> **TASK DESCRIPTION**:
Only the lines from the one containing "destroy_component-HasOrder t e a h" through the end of the listing below belong in your answer; retype them exactly.

INPUT FOR THIS TASK: Begin

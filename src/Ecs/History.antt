-- ===== src/Ecs/History.antt =====
-- Every store that the operations of Ecs/Ecs.cppm and Ecs.cpp can lead to.
use playground_engine.Base.{
  inr, inl, bind, Option-cases, Option, ◌∙◌, ℕ, ◌≤◌, ◌≡◌, ◌≢◌, false, some, arith,
}
use playground_engine.Ecs.{
  Entity, Ecs, new, add_system, add_entity, add_component_to_entity, destroy_entity,
  destroy_component,
}
use playground_engine.Ecs.View.{
  alive, entity, id-add_entity, alive-add_entity, alive-add_component, last-add_component,
  last-destroy_component, last-destroy_entity, alive-destroy_component, alive-destroy_entity,
}
use playground_engine.Ecs.Consistency.{
  IsConsistent, new-IsConsistent, add_system-IsConsistent, add_entity-IsConsistent,
  add_component_to_entity-IsConsistent, destroy_component-IsConsistent, destroy_entity-IsConsistent,
}

-- One call of an operation that changes the store.
pub data Step (ecs : Ecs) : Ecs → Type 0 where
  system_added : (s : ℕ) → Step ecs (add_system s ecs)
  entity_added : (r : Entity × Ecs) → add_entity ecs ≡ some r → Step ecs r.1
  component_added : (t c e : ℕ) → Step ecs (add_component_to_entity t c (entity e) ecs).0
  component_destroyed : (t e : ℕ) → Step ecs (destroy_component t (entity e) ecs)
  entity_destroyed : (e : ℕ) → Step ecs (destroy_entity (entity e) ecs)

pub data Reach (ecs : Ecs) : Ecs → Type 0 where
  here : Reach ecs ecs
  next : {mid later : Ecs} → Reach ecs mid → Step mid later → Reach ecs later

Step-IsConsistent : {a b : Ecs} → Step a b → IsConsistent a → IsConsistent b
Step-IsConsistent {a} (system_added s) h = add_system-IsConsistent s a h
Step-IsConsistent {a} (entity_added r ok) h = add_entity-IsConsistent a r ok h
Step-IsConsistent {a} (component_added t c e) h = add_component_to_entity-IsConsistent t c e a h
Step-IsConsistent {a} (component_destroyed t e) h = destroy_component-IsConsistent t e a h
Step-IsConsistent {a} (entity_destroyed e) h = destroy_entity-IsConsistent e a h

Reach-keeps : {a b : Ecs} → IsConsistent a → Reach a b → IsConsistent b
Reach-keeps h here = h
Reach-keeps h (next r s) = Step-IsConsistent s (Reach-keeps h r)

-- In every store that the operations lead to from an empty one, in any order, the index by type and
-- the index by entity answer the same record for every type and entity, each record's reference
-- names its type and object, and each living entity has an id from 1 to the last one issued.
pub Reach-IsConsistent : {ecs : Ecs} → Reach new ecs → IsConsistent ecs
Reach-IsConsistent = Reach-keeps new-IsConsistent

last-Step : {a b : Ecs} → Step a b → a.last_entity_id ≤ b.last_entity_id
unfolding add_system
last-Step (system_added s) = omega arith
last-Step {a} (entity_added r ok) = omega (arith, id-add_entity a r ok)
last-Step {a} (component_added t c e) = omega (arith, last-add_component t c e a)
last-Step {a} (component_destroyed t e) = omega (arith, last-destroy_component t e a)
last-Step {a} (entity_destroyed e) = omega (arith, last-destroy_entity e a)

last-Reach : {a b : Ecs} → Reach a b → a.last_entity_id ≤ b.last_entity_id
last-Reach here = omega arith
last-Reach (next r s) = omega (arith, last-Reach r, last-Step s)

-- An id that was issued and is dead stays dead through one operation.
dead-Step :
    {a b : Ecs} (e : ℕ) → Step a b → e ≤ a.last_entity_id → alive a e ≡ false → alive b e ≡ false
unfolding add_system
dead-Step e (system_added s) h d = d
dead-Step {a} e (entity_added r ok) h d = ground (arith, alive-add_entity a r ok e)
dead-Step {a} e (component_added t c e') h d = alive-add_component t c e' a e ∙ d
dead-Step {a} e (component_destroyed t e') h d = alive-destroy_component t e' a e ∙ d
dead-Step {a} e (entity_destroyed e') h d = ground (arith, alive-destroy_entity e' a e)

-- The id that `AddEntity` would issue.
abbrev pub next_id : Ecs → Option ℕ
next_id ecs = bind (add_entity ecs) (λ (r : Entity × Ecs). some r.0.id)

not_issued : (ecs : Ecs) (e : ℕ) → e ≤ ecs.last_entity_id → next_id ecs ≢ some e
not_issued ecs e h same = elim (Option-cases (add_entity ecs)) [
  | inl none_left ↦ absurd (unfold add_entity in ground arith)
  | inr (r, ok) ↦ (let id : r.0.id ≡ e = ground arith in omega (arith, id-add_entity ecs r ok))
]

-- Once an issued entity is dead it stays dead whatever operations follow, and `AddEntity` never
-- issues its id again: the handles that `EntitySpawnerSystem` keeps cannot come to name another
-- entity.
pub dead_forever :
    {a b : Ecs} (e : ℕ)
    → Reach a b
    → e ≤ a.last_entity_id
    → alive a e ≡ false
    → (alive b e ≡ false) × (next_id b ≢ some e)
dead_forever {a} e here h d = (d, not_issued a e h)
dead_forever {a} {b} e (next {mid} {later} r s) h d =
    let still = (dead_forever e r h d).0 in
    (
      dead-Step e s (omega (arith, last-Reach r)) still,
      not_issued b e (omega (arith, last-Reach r, last-Step s)),
    )
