-- ===== src/Ecs/Ordering.antt =====
-- The order in which Ecs/Ecs.cppm and Ecs.cpp enumerate entities and components.
use playground_engine.Base.{
  ◌+◌, subst, Bool-cases, ℕ, ◌≡◌, some, List, [], ◌∷◌, arith, ◌==◌, value_or, Option-cases, inl,
  inr,
}
use playground_engine.OrderedMap.{
  OrderedMap, find, insert_or_assign, erase, keys, find-insert_or_assign,
}
use playground_engine.OrderedMap.Nested.{assign_in, erase_in}
use playground_engine.OrderedMap.Order.{
  IsOrdered, insert_or_assign-IsOrdered, try_emplace-IsOrdered, erase-IsOrdered,
}
use playground_engine.Ecs.{
  Entity, Ecs, ComponentRecord, ComponentsByEntity, new, add_system, add_entity,
  add_component_to_entity, destroy_entity, destroy_component, erase_from_types,
}
use playground_engine.Ecs.View.{types-add_entity, entities-add_entity, entity}
use playground_engine.Ecs.History.{
  Step, Reach, system_added, entity_added, component_added, component_destroyed, entity_destroyed,
  here, next,
}

-- Every inner map of an index is in key order.
abbrev InnerOrdered : OrderedMap ComponentsByEntity → Type 0
InnerOrdered outer = (t : ℕ) (m : ComponentsByEntity) → find t outer ≡ some m → IsOrdered m

pub record HasOrder (ecs : Ecs) : Type 0 where
  pub entities : IsOrdered ecs.components_per_entity
  pub types : InnerOrdered ecs.components_per_type

insert-InnerOrdered :
    (t : ℕ) (inner : ComponentsByEntity) (outer : OrderedMap ComponentsByEntity)
    → IsOrdered inner
    → InnerOrdered outer
    → InnerOrdered (insert_or_assign t inner outer)
insert-InnerOrdered t inner outer ordered h t' m p = elim (Bool-cases (t == t')) [
  | inl same ↦
      let e : inner ≡ m = ground (arith, find-insert_or_assign t t' inner outer) in
      subst IsOrdered e ordered
  | inr other ↦ h t' m (ground (arith, find-insert_or_assign t t' inner outer))
]

assign_in-InnerOrdered :
    (t e : ℕ) (c : ComponentRecord) (outer : OrderedMap ComponentsByEntity)
    → InnerOrdered outer
    → InnerOrdered (assign_in t e c outer)
unfolding assign_in
assign_in-InnerOrdered t e c outer h =
    insert-InnerOrdered t _ outer
      (insert_or_assign-IsOrdered e c (value_or (find t outer) [])
        (elim (Option-cases (find t outer)) [ inl q ↦ rw q tt | inr (m, q) ↦ rw q (h t m q) ]))
      h

erase_in-InnerOrdered :
    (t e : ℕ) (outer : OrderedMap ComponentsByEntity)
    → InnerOrdered outer
    → InnerOrdered (erase_in t e outer)
unfolding erase_in
erase_in-InnerOrdered t e outer h = elim (Option-cases (find t outer)) [
  | inl q ↦ rw (q, erase_in) h
  | inr (m, q) ↦
      rw (q, erase_in) (insert-InnerOrdered t (erase e m) outer (erase-IsOrdered e m (h t m q)) h)
]

erase_from_types-InnerOrdered :
    (id : ℕ) (types : List ℕ) (outer : OrderedMap ComponentsByEntity)
    → InnerOrdered outer
    → InnerOrdered (erase_from_types id types outer)
unfolding erase_from_types
erase_from_types-InnerOrdered id [] outer h = h
erase_from_types-InnerOrdered id (t ∷ types) outer h =
    erase_from_types-InnerOrdered id types (erase_in t id outer)
      (erase_in-InnerOrdered t id outer h)

add_entity-HasOrder :
    (ecs : Ecs) (r : Entity × Ecs) → add_entity ecs ≡ some r → HasOrder ecs → HasOrder r.1
add_entity-HasOrder ecs r ok h = record {
  entities =
      rw (entities-add_entity ecs r ok)
        (try_emplace-IsOrdered (ecs.last_entity_id + 1) [] ecs.components_per_entity h.entities);
  types = rw (types-add_entity ecs r ok) h.types;
}

add_component-HasOrder :
    (t c e : ℕ) (ecs : Ecs) → HasOrder ecs → HasOrder (add_component_to_entity t c (entity e) ecs).0
unfolding add_component_to_entity
add_component-HasOrder t c e ecs h = elim (Option-cases (find e ecs.components_per_entity)) [
  | inl q ↦ rw (q, add_component_to_entity) h
  | inr (m, q) ↦
      rw (q, add_component_to_entity)
        (record {
          entities = insert_or_assign-IsOrdered e _ ecs.components_per_entity h.entities;
          types = assign_in-InnerOrdered t e _ ecs.components_per_type h.types;
        })
]

erase_in-IsOrdered :
    (e t : ℕ) (outer : OrderedMap ComponentsByEntity)
    → IsOrdered outer
    → IsOrdered (erase_in e t outer)
unfolding erase_in
erase_in-IsOrdered e t outer h = elim (Option-cases (find e outer)) [
  | inl q ↦ rw (q, erase_in) h
  | inr (m, q) ↦ rw (q, erase_in) (insert_or_assign-IsOrdered e (erase t m) outer h)
]

destroy_component-HasOrder :
    (t e : ℕ) (ecs : Ecs) → HasOrder ecs → HasOrder (destroy_component t (entity e) ecs)
unfolding destroy_component
destroy_component-HasOrder t e ecs h = record {
  entities = erase_in-IsOrdered e t ecs.components_per_entity h.entities;
  types = erase_in-InnerOrdered t e ecs.components_per_type h.types;
}

destroy_entity-HasOrder :
    (e : ℕ) (ecs : Ecs) → HasOrder ecs → HasOrder (destroy_entity (entity e) ecs)
unfolding destroy_entity
destroy_entity-HasOrder e ecs h = elim (Option-cases (find e ecs.components_per_entity)) [
  | inl q ↦ rw (q, destroy_entity) h
  | inr (m, q) ↦
      rw (q, destroy_entity)
        (record {
          entities = erase-IsOrdered e ecs.components_per_entity h.entities;
          types = erase_from_types-InnerOrdered e (keys m) ecs.components_per_type h.types;
        })
]

Step-HasOrder : {a b : Ecs} → Step a b → HasOrder a → HasOrder b
unfolding add_system
Step-HasOrder (system_added s) h = record { entities = h.entities; types = h.types }
Step-HasOrder {a} (entity_added r ok) h = add_entity-HasOrder a r ok h
Step-HasOrder {a} (component_added t c e) h = add_component-HasOrder t c e a h
Step-HasOrder {a} (component_destroyed t e) h = destroy_component-HasOrder t e a h
Step-HasOrder {a} (entity_destroyed e) h = destroy_entity-HasOrder e a h

new-HasOrder : HasOrder new
unfolding find
new-HasOrder = record { entities = tt; types = λ t m p. cc }

pub Reach-HasOrder : {ecs : Ecs} → Reach new ecs → HasOrder ecs
Reach-HasOrder here = new-HasOrder
Reach-HasOrder (next r s) = Step-HasOrder s (Reach-HasOrder r)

INPUT FOR THIS TASK: End

> **TASK OUTPUT**:
Step-HasOrder {a} (component_destroyed t e) h = destroy_component-HasOrder t e a h
Step-HasOrder {a} (entity_destroyed e) h = destroy_entity-HasOrder e a h

new-HasOrder : HasOrder new
unfolding find
new-HasOrder = record { entities = tt; types = λ t m p. cc }

pub Reach-HasOrder : {ecs : Ecs} → Reach new ecs → HasOrder ecs
Reach-HasOrder here = new-HasOrder
Reach-HasOrder (next r s) = Step-HasOrder s (Reach-HasOrder r)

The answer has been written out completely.